How do I connect with someone I don’t know on LinkedIn? When making connection requests, you should let the person know why you are trying to connect with them. So the first step is to be clear yourself as to why reaching out to this particular person makes sense. Perhaps you’re reaching out to them because they have a Ph.D. in your discipline and now work in a field or organization of great interest to you. Or maybe you attended the same university and now both live in the same rural area. Did you meet them at an event? Read an article they published? Do you have a shared connection already?

The closer a link you can establish, the greater the likelihood that you’ll receive a response. But whatever the reason, make sure you’re explicit in the message about what motivated you to connect with them.

Remember, it’s never a good idea when networking to reach out to someone because you want a job or that person’s company has a job posted and you plan to apply for it. That is considered bad networking etiquette. If you see a job ad for an open position, it’s not the time to reach out to someone you don’t know at that organization.

If you don’t know what companies might be relevant to your job search, how do you find the companies? Do you just randomly look for them on LinkedIn or other websites? Start with big companies or organizations. They are often easier to find because they will have a strong online presence. Search key terms on Google or job search sites such as Indeed, and you will find relevant companies and other types of organizations.

You can use generic keywords like “data science” and “Denver.” What you’ll probably find are job advertisements at big firms. Carefully read over the website and identify additional keywords you can add to your search.

Search for these organizations on LinkedIn. In your search results, LinkedIn will show you a list of company employees. Read the individual profiles of employees and make note of where they worked in the past. Expand your online research to include those companies.

Then you can consider connecting with employees of these larger organizations, as appropriate. (Do follow proper etiquette when making LinkedIn requests.) Once you are connected, you will be able to see who is in this person’s network. Start reaching out to those people if they work at companies that sound interesting.

Pay attention to professional organizations or online groups that your new connections are part of and join them, if they seem relevant to your job search. Attend local meet-ups hosted by such professional organizations.

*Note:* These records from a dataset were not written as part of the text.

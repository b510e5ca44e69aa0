-- ===== src/Sched/Yield/Checks.antt =====
-- A wait of the host over a scheduler with no task.
use mm_halow_driver.Base.{
  ℕ, true, u32_max, ◌+◌, ◌/◌, ◌*◌, ◌≡◌, ◌≤◌, ◌∙◌, some, min, refl, Bool, false, none, [], ◌∷◌,
  arith, leb,
}
use mm_halow_driver.Sched.{Sched, free_slot, nobody, max_tasks}
use mm_halow_driver.Sched.Service.{from_thread}
use mm_halow_driver.Sched.Run.{Machine, run, budget_ms}
use mm_halow_driver.Sched.Run.Claim.{SameClaim, IsCounted}
use mm_halow_driver.Sched.Wait.{wait, wait_max_ms}
use mm_halow_driver.Sched.Wait.Rules.{Outcome}
use mm_halow_driver.Sched.Run.Clocked.{Clock, Moves}
use mm_halow_driver.Sched.Yield.{wait_host, wait-SameClaim}
use mm_halow_driver.Sched.Run.Budget.{run-budget_ms}
use mm_halow_driver.Sched.Yield.Clocked.{step_max, wait_returns, torn_wait_returns}

abbrev pub idle : Sched
idle = record {
  tasks = free_slot ∷ free_slot ∷ free_slot ∷ free_slot ∷ [];
  queue = [];
  cur = none;
  woken = false;
  wake_at = 100;
  running = false;
  deadline = 0;
  owner = nobody;
  depth = 0;
  wait_depth = 0;
  in_callback = false;
  teardown = false;
}

-- The world counts the host's events.
abbrev pub machine : Machine ℕ
machine = record {
  sched = idle;
  heap = record { mem = none; blocks = []; bytes = λ a. 0 };
  clock = λ n. n;
  reads = 0;
  env = 0;
}

abbrev pub no_turn : ℕ → Machine ℕ → Machine ℕ
no_turn i m = m

abbrev pub no_switch : Machine ℕ → Machine ℕ
no_switch m = m

abbrev pub event : Machine ℕ → Machine ℕ
event m = record m { env = m.env + 1 }

abbrev two_events : Machine ℕ → Bool × Machine ℕ
two_events m = (leb 2 m.env, m)

idle-IsCounted : IsCounted idle
idle-IsCounted = record { unclaimed = λ e. refl; unowned = λ e. refl }

wait-SameClaim_example :
    Outcome
      (λ m'. SameClaim idle m'.sched)
      (λ m'. SameClaim idle m'.sched)
      (wait (wait_host no_turn no_switch event from_thread) two_events 5 1000 machine)
wait-SameClaim_example =
    wait-SameClaim no_turn no_switch event (λ i m. (refl, refl)) (λ m. (refl, refl))
      (λ m. (refl, refl)) from_thread two_events (λ m. (refl, refl)) 5 1000 machine idle-IsCounted
      (omega arith)

pub even-Clock : Clock (λ n. n) (λ n. n) 1 step_max
even-Clock = record {
  positive = omega arith;
  shows = λ n. omega arith;
  grows = λ n. omega arith;
  steps = λ n. omega arith;
}

pub still :
    (f : Machine ℕ → Machine ℕ)
    → ((m : Machine ℕ) → (f m).clock ≡ m.clock)
    → ((m : Machine ℕ) → (f m).reads ≡ m.reads)
    → Moves (λ n. n) (λ n. n) 1 step_max f
still f c r m e = record { same = c m ∙ e; on = omega (arith, r m); few = omega (arith, r m) }

wait_returns_example :
    (b : Bool) × (m' : Machine ℕ) × (wait
        (wait_host no_turn no_switch event from_thread)
        two_events
        5
        3
        machine
      ≡ some (b, m'))
    × (b ≡ false → 0 / 1 + min 3 wait_max_ms ≤ m'.reads / 1)
wait_returns_example =
    wait_returns (λ n. n) (λ n. n) 1 even-Clock no_turn no_switch event
      (λ i. still (no_turn i) (λ m. refl) (λ m. refl)) (still no_switch (λ m. refl) (λ m. refl))
      (still event (λ m. refl) (λ m. refl)) from_thread two_events
      (still (λ m. (two_events m).1) (λ m. refl) (λ m. refl)) 5 3 machine refl (omega arith)
      (omega arith)

-- The clock that goes on by one millisecond with each reading.
by_one-Clock : Clock (λ n. n) (λ n. n) 1 1
by_one-Clock = record {
  positive = omega arith;
  shows = λ n. omega arith;
  grows = λ n. omega arith;
  steps = λ n. omega arith;
}

run-budget_ms_example : (run no_turn machine).reads / 1 ≤ 0 / 1 + budget_ms + 3 * 1 + max_tasks * 5
run-budget_ms_example =
    run-budget_ms no_turn (λ i m. (refl, refl)) (λ n. n) (λ n. n) 1 1 5 by_one-Clock
      (λ i m e. record { same = e; on = omega arith; few = omega arith }) (omega arith) machine refl

-- The driver is shut down, and nothing ever happens.
abbrev torn : Machine ℕ
torn = record machine { sched = record idle { teardown = true } }

abbrev never : Machine ℕ → Bool × Machine ℕ
never m = (false, m)

torn_wait_returns_example :
    (b : Bool) × (m' : Machine ℕ) × (wait
        (wait_host no_turn no_switch event from_thread)
        never
        10001
        u32_max
        torn
      ≡ some (b, m'))
    × (b ≡ false → 0 / 1 + wait_max_ms ≤ m'.reads / 1)
torn_wait_returns_example =
    torn_wait_returns (λ n. n) (λ n. n) 1 even-Clock no_turn no_switch event
      (λ i. still (no_turn i) (λ m. refl) (λ m. refl)) (still no_switch (λ m. refl) (λ m. refl))
      (still event (λ m. refl) (λ m. refl)) from_thread never
      (still (λ m. (never m).1) (λ m. refl) (λ m. refl)) 10001 torn (λ n t. t) refl refl
      (omega arith)
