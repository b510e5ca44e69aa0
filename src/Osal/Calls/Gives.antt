-- ===== src/Osal/Calls/Gives.antt =====
-- The calls of mm_halow_osal.c that give a primitive, or take from it without a wait, in variables of
-- the world; none is the null pointer.
use mm_halow_driver.Base.{Bool, true, false, Option, none, some, if◌then◌else◌}
use mm_halow_driver.Sched.{wake}
use mm_halow_driver.Sched.Run.{Machine, on_sched}
use mm_halow_driver.Osal.Sync.{Cell, Mutex, release, is_held_by, Sem, sem_give, semb_give}
use mm_halow_driver.Osal.Queue.{Queue, pop, push}

module _ {E : Type 0} where
  -- mm_halow_sched_wake, if the call has done something
  abbrev pub woken : Bool → Machine E → Machine E
  woken ok m = if ok then on_sched wake m else m

  -- mmosal_sem_give
  unfoldable pub give_sem : Option (Cell E Sem) → Machine E → Bool × Machine E
  give_sem none m = (false, m)
  give_sem (some x) m =
      let (given, s) = sem_give (x.get m.env) in
      (given, woken given (record m { env = x.put s m.env }))

  -- mmosal_semb_give
  unfoldable pub give_semb : Option (Cell E Bool) → Machine E → Bool × Machine E
  give_semb none m = (false, m)
  give_semb (some x) m =
      let (given, b) = semb_give (x.get m.env) in
      (given, woken given (record m { env = x.put b m.env }))

  -- mmosal_mutex_release
  unfoldable pub mutex_release : Option (Cell E Mutex) → Machine E → Bool × Machine E
  mutex_release none m = (false, m)
  mutex_release (some x) m =
      (true, woken true (record m { env = x.put (release (x.get m.env)) m.env }))

  -- mmosal_mutex_is_held_by_active_task
  pub is_held_by_active_task : Option (Cell E Mutex) → Machine E → Bool
  is_held_by_active_task none m = false
  is_held_by_active_task (some x) m = is_held_by m.sched.cur (x.get m.env)

  -- mmosal_queue_push_from_isr
  unfoldable pub push_from_isr :
      {A : Type 0} → Option (Cell E (Queue A)) → A → Machine E → Bool × Machine E
  push_from_isr none a m = (false, m)
  push_from_isr (some x) a m =
      let (pushed, q) = push a (x.get m.env) in
      (pushed, woken pushed (record m { env = x.put q m.env }))

  abbrev store_popped :
      {A : Type 0} → Cell E (Queue A) → Cell E A → Option A × Queue A → Machine E → Bool × Machine E
  store_popped x item (none, q) m = (false, m)
  store_popped x item (some a, q) m =
      (true, woken true (record m { env = item.put a (x.put q m.env) }))

  -- mmosal_queue_pop_from_isr, into the buffer `item`
  pub pop_from_isr :
      {A : Type 0} → A → Option (Cell E (Queue A)) → Cell E A → Machine E → Bool × Machine E
  pop_from_isr d none item m = (false, m)
  pop_from_isr d (some x) item m = store_popped x item (pop d (x.get m.env)) m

Last, when you do informational interviews with people you connect with on LinkedIn, ask them, “What other organizations do this kind of work?” “Who else should I speak with?” “What professional associations are you part of?” and “What local networking events do you attend?”

Is it good to put academic titles such as Ph.D. in a LinkedIn profile? Adding credentials to your name on LinkedIn is an option. You will find us on LinkedIn as Jennifer Polk (no credential listed) and L. Maren Wood, Ph.D., so you can see that we made different choices! Consider who your target audience on LinkedIn is.

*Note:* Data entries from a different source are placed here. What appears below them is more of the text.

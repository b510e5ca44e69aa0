-- ===== src/Sched/Wait/Once.antt =====
-- A wait of mm_halow_sched.c whose condition holds at the first look.
use mm_halow_driver.Base.{ℕ, suc, ◌≡◌, refl, Bool, true, some, inl, inr, Bool-cases}
use mm_halow_driver.Sched.Wait.{Host, wait, wait_loop}

-- It succeeds at once, and what holds behind the test and the last steps holds then.
pub wait-at_once :
    {S : Type 0} (h : Host S) (cond : S → Bool × S) (Q : S → Type 0) (fuel t : ℕ) (s : S)
    → (let s1 = (h.ticks s).1 in ((cond s1).0 ≡ true) × Q (h.wake (cond s1).1))
    → (let s1 = h.enter (h.ticks s).1 in ((cond s1).0 ≡ true) × Q (h.wake (h.leave (cond s1).1)))
    → (s' : S) × (wait h cond (suc fuel) t s ≡ some (true, s')) × Q s'
unfolding wait wait_loop
wait-at_once h cond Q fuel t s here entered = elim (Bool-cases (h.in_task (h.ticks s).1)) [
  | inl e ↦ (_, rw (e, here.0) refl, here.1)
  | inr e ↦ (_, rw (e, entered.0) refl, entered.1)
]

In our case, having our doctorates is relevant to the work we do now, and the people we most want to reach on the platform -- potential clients and collaborators -- view the credential favorably. Is that true in your case?

If you are applying to positions where a doctorate is not required or preferred, we recommend putting that information in your education section. Most of our LinkedIn connections who have Ph.D.s do not include the credential in their name.

Is it absolutely crucial to have your own website to refer to? No, that is what LinkedIn is for. Most of us can make good use of LinkedIn to showcase our work history, education and select projects. It even has a built-in blogging platform, which is an excellent place to publish professional contributions.

Is it necessary to buy LinkedIn Premium? No. Start with the free version. If you get to a point where you need to upgrade -- because you’re doing lots of searches and have run through the quota, or you want to send “InMails” to folks you aren’t connected with -- you can decide if it’s important to your job search to do so. Most people we speak with who are LinkedIn experts don’t recommend Premium.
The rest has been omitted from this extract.